(TASK):
Once the line containing "IsLabelByte-not-dot : (c" is found in the entries below, reproduce it and every line after it, stopping at and including the line containing "IsLabel-Front (b'.' ∷ h) v"; reproduce nothing else, and keep each line exact.

Start of RAW DATA

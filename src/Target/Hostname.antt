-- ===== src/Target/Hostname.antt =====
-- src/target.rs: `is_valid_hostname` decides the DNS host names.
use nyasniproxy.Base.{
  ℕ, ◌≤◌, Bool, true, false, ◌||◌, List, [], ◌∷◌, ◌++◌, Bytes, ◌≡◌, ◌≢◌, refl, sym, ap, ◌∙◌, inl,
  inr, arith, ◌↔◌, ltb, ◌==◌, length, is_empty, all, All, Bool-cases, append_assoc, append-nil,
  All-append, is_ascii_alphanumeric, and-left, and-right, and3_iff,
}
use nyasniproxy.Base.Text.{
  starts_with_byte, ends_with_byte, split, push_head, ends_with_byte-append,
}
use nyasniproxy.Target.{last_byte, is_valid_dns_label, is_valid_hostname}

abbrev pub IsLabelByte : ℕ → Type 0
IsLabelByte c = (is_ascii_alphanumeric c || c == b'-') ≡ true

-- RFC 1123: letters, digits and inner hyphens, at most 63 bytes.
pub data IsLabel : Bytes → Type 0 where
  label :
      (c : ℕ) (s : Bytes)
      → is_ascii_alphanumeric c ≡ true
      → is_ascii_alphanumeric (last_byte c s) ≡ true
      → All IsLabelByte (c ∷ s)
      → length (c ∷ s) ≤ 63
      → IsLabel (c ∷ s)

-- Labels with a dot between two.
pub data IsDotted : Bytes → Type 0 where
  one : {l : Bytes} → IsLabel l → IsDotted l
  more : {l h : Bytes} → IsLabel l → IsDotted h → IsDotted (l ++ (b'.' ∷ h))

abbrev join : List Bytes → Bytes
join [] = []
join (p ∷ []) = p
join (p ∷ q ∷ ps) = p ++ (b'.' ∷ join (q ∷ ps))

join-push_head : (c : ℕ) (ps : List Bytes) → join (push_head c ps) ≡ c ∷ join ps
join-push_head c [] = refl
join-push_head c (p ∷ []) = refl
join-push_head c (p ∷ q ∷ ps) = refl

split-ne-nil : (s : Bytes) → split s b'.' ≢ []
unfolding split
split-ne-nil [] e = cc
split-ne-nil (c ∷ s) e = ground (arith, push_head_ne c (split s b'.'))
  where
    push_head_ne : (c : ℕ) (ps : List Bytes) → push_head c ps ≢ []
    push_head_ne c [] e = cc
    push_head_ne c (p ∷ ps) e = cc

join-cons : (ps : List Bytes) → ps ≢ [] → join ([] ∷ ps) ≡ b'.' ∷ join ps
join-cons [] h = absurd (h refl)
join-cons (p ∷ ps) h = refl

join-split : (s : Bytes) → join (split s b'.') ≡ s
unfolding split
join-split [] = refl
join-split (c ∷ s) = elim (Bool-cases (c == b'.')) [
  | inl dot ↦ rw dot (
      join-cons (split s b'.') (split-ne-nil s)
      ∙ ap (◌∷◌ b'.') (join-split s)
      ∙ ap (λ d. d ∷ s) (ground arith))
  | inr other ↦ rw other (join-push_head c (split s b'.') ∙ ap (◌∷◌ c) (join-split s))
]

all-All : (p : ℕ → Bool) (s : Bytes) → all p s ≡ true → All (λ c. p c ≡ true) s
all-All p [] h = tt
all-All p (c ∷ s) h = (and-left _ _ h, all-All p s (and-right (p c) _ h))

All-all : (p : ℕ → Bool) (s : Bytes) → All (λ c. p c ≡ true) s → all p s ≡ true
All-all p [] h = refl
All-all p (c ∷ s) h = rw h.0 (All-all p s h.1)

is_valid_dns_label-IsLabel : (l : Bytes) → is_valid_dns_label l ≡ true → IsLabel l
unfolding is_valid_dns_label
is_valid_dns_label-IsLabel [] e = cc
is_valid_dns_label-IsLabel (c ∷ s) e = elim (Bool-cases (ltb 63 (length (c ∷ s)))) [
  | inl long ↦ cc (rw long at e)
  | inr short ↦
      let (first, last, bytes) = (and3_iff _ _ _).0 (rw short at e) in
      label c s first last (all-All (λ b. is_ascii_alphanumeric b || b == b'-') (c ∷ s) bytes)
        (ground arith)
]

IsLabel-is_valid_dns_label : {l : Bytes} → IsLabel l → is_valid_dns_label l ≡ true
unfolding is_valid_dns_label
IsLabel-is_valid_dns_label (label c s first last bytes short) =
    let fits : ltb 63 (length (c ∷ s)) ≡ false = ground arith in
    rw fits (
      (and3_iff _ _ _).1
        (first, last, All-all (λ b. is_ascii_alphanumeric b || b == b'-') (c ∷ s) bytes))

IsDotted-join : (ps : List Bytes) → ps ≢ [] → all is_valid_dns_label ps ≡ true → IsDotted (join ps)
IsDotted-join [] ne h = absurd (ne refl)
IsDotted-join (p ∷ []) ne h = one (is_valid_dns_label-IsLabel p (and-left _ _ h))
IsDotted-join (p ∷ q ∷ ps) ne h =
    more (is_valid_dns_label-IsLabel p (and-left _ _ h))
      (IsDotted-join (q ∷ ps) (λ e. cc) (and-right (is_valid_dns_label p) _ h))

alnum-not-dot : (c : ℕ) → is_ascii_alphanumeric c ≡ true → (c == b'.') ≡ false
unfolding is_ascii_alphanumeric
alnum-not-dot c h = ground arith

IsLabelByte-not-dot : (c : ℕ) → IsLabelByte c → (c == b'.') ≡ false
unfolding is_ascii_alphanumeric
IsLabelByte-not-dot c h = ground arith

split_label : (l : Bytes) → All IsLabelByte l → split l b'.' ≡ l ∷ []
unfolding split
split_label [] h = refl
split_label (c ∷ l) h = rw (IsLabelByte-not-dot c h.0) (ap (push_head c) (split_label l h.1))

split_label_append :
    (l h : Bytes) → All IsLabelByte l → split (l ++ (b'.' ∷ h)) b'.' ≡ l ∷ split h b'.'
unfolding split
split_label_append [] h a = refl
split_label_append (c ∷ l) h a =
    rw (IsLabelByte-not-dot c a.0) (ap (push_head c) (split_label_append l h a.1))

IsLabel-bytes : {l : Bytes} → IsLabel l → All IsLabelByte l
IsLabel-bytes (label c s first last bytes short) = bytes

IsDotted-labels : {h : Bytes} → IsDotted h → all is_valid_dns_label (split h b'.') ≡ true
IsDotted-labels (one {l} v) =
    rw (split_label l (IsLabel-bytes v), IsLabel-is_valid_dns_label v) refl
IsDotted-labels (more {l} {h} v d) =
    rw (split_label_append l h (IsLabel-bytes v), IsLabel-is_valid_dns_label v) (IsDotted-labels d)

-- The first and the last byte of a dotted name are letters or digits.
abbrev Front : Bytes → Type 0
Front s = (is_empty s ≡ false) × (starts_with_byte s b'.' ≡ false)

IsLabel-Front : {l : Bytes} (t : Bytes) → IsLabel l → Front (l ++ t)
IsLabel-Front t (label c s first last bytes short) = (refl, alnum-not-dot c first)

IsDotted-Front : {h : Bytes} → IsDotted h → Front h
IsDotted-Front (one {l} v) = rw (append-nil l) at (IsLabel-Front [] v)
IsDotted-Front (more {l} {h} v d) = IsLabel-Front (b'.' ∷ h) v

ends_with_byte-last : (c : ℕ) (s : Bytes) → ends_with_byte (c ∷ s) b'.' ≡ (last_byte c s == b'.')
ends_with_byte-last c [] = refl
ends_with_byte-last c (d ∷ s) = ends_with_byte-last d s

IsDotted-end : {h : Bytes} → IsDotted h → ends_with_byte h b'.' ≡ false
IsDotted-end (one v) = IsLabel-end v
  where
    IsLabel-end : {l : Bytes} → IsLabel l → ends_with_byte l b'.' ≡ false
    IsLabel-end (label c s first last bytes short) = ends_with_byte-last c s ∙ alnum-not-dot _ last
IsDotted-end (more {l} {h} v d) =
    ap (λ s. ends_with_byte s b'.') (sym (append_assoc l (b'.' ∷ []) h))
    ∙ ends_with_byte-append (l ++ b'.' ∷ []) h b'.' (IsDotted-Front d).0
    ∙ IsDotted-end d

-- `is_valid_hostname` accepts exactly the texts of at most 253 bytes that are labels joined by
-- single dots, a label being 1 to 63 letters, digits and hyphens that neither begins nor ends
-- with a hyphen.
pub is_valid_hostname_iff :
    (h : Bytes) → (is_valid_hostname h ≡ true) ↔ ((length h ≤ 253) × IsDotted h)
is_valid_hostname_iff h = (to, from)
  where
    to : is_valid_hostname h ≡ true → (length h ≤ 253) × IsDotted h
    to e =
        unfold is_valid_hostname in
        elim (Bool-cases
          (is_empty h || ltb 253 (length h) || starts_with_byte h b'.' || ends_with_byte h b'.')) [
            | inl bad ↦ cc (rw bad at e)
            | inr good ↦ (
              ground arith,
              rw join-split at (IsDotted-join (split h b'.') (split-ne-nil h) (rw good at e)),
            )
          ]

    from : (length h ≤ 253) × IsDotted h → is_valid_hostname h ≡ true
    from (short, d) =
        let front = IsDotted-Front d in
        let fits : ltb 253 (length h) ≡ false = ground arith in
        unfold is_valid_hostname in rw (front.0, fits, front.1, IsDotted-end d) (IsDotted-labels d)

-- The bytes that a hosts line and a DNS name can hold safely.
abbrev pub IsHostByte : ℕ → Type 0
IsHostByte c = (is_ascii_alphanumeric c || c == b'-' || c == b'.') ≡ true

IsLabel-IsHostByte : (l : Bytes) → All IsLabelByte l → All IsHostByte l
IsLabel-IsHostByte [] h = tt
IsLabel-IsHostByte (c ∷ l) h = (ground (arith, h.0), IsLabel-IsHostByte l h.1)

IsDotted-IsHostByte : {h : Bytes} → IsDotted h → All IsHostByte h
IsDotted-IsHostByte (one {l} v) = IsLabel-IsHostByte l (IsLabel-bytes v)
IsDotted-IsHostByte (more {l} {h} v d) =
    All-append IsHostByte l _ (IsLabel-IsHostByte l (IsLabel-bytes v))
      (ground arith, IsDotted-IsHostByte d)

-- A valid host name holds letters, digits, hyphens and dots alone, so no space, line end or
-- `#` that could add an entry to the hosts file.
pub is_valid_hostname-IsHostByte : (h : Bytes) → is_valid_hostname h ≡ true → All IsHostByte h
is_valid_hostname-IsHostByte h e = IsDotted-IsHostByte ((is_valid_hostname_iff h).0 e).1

End of RAW DATA
Start of RAW DATA

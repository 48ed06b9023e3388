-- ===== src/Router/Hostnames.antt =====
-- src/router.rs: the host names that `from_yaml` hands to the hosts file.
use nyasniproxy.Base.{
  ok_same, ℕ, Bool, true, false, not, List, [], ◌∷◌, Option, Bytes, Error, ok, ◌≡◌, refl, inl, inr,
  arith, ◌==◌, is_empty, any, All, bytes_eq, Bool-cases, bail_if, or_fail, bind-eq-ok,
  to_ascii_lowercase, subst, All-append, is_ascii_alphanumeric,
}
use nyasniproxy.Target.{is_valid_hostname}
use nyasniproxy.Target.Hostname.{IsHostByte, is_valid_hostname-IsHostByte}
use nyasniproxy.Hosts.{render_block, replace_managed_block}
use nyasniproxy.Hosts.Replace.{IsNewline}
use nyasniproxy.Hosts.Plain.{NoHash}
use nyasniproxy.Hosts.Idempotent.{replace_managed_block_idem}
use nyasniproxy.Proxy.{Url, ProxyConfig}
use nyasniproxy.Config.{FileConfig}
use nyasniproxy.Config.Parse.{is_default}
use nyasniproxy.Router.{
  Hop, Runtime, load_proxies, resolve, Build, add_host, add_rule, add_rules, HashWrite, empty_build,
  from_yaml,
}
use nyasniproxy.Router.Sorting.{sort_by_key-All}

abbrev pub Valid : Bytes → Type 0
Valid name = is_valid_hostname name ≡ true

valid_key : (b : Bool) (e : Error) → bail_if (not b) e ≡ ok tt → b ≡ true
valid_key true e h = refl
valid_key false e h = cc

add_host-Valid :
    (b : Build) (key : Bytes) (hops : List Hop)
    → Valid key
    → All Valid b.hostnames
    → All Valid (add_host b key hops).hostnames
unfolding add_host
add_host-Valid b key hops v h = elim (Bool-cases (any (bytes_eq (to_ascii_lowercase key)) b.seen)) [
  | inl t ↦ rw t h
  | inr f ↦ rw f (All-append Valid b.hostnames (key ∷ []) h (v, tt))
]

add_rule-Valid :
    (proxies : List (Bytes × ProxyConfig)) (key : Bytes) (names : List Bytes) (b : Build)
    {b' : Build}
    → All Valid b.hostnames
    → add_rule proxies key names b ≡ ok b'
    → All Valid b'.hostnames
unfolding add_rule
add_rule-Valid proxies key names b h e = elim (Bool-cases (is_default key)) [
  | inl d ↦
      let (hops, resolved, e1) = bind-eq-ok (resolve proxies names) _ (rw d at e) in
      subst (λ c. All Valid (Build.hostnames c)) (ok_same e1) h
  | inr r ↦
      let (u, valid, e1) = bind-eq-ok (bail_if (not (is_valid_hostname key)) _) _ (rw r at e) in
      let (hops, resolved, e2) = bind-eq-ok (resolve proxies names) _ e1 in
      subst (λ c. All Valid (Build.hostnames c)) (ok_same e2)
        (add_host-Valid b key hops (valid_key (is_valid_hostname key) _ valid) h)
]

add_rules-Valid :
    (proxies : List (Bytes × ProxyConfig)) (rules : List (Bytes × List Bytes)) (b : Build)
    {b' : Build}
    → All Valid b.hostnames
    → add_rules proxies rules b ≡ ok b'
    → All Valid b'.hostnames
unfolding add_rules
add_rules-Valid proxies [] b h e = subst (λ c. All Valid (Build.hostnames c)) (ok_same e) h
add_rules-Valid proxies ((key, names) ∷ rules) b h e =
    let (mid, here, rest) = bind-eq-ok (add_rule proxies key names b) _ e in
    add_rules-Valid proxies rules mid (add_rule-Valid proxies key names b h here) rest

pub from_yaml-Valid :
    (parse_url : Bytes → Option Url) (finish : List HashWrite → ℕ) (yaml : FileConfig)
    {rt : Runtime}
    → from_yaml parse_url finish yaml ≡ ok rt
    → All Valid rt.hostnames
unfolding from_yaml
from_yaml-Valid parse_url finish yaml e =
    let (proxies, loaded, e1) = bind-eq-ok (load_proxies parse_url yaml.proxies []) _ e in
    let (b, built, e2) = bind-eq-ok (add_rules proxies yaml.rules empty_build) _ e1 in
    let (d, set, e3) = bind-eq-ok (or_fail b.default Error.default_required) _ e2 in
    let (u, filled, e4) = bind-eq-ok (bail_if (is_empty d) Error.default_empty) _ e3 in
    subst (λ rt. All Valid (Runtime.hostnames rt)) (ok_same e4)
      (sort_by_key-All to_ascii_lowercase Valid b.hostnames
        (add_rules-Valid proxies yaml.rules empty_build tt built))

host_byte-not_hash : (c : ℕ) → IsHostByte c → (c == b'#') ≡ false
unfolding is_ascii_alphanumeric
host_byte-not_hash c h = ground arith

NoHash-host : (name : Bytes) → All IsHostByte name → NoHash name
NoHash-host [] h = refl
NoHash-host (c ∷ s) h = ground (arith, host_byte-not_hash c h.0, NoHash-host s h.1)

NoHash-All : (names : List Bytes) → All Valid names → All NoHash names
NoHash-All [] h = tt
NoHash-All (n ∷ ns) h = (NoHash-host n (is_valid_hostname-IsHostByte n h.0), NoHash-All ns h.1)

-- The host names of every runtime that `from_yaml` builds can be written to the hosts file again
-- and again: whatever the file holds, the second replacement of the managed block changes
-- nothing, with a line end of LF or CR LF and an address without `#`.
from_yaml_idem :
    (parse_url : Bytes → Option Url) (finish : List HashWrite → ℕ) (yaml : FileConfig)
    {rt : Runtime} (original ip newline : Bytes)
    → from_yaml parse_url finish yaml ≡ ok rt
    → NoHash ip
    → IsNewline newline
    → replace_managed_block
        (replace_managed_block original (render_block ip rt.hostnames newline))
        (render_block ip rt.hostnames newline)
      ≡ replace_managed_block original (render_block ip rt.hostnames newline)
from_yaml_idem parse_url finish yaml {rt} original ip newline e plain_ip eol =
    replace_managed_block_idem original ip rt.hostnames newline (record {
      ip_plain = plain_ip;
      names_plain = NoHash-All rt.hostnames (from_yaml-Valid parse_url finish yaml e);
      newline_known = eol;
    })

End of RAW DATA

(WRITTEN RESPONSE):
IsLabelByte-not-dot : (c : ℕ) → IsLabelByte c → (c == b'.') ≡ false
unfolding is_ascii_alphanumeric
IsLabelByte-not-dot c h = ground arith

split_label : (l : Bytes) → All IsLabelByte l → split l b'.' ≡ l ∷ []
unfolding split
split_label [] h = refl
split_label (c ∷ l) h = rw (IsLabelByte-not-dot c h.0) (ap (push_head c) (split_label l h.1))

split_label_append :
    (l h : Bytes) → All IsLabelByte l → split (l ++ (b'.' ∷ h)) b'.' ≡ l ∷ split h b'.'
unfolding split
split_label_append [] h a = refl
split_label_append (c ∷ l) h a =
    rw (IsLabelByte-not-dot c a.0) (ap (push_head c) (split_label_append l h a.1))

IsLabel-bytes : {l : Bytes} → IsLabel l → All IsLabelByte l
IsLabel-bytes (label c s first last bytes short) = bytes

IsDotted-labels : {h : Bytes} → IsDotted h → all is_valid_dns_label (split h b'.') ≡ true
IsDotted-labels (one {l} v) =
    rw (split_label l (IsLabel-bytes v), IsLabel-is_valid_dns_label v) refl
IsDotted-labels (more {l} {h} v d) =
    rw (split_label_append l h (IsLabel-bytes v), IsLabel-is_valid_dns_label v) (IsDotted-labels d)

-- The first and the last byte of a dotted name are letters or digits.
abbrev Front : Bytes → Type 0
Front s = (is_empty s ≡ false) × (starts_with_byte s b'.' ≡ false)

IsLabel-Front : {l : Bytes} (t : Bytes) → IsLabel l → Front (l ++ t)
IsLabel-Front t (label c s first last bytes short) = (refl, alnum-not-dot c first)

IsDotted-Front : {h : Bytes} → IsDotted h → Front h
IsDotted-Front (one {l} v) = rw (append-nil l) at (IsLabel-Front [] v)
IsDotted-Front (more {l} {h} v d) = IsLabel-Front (b'.' ∷ h) v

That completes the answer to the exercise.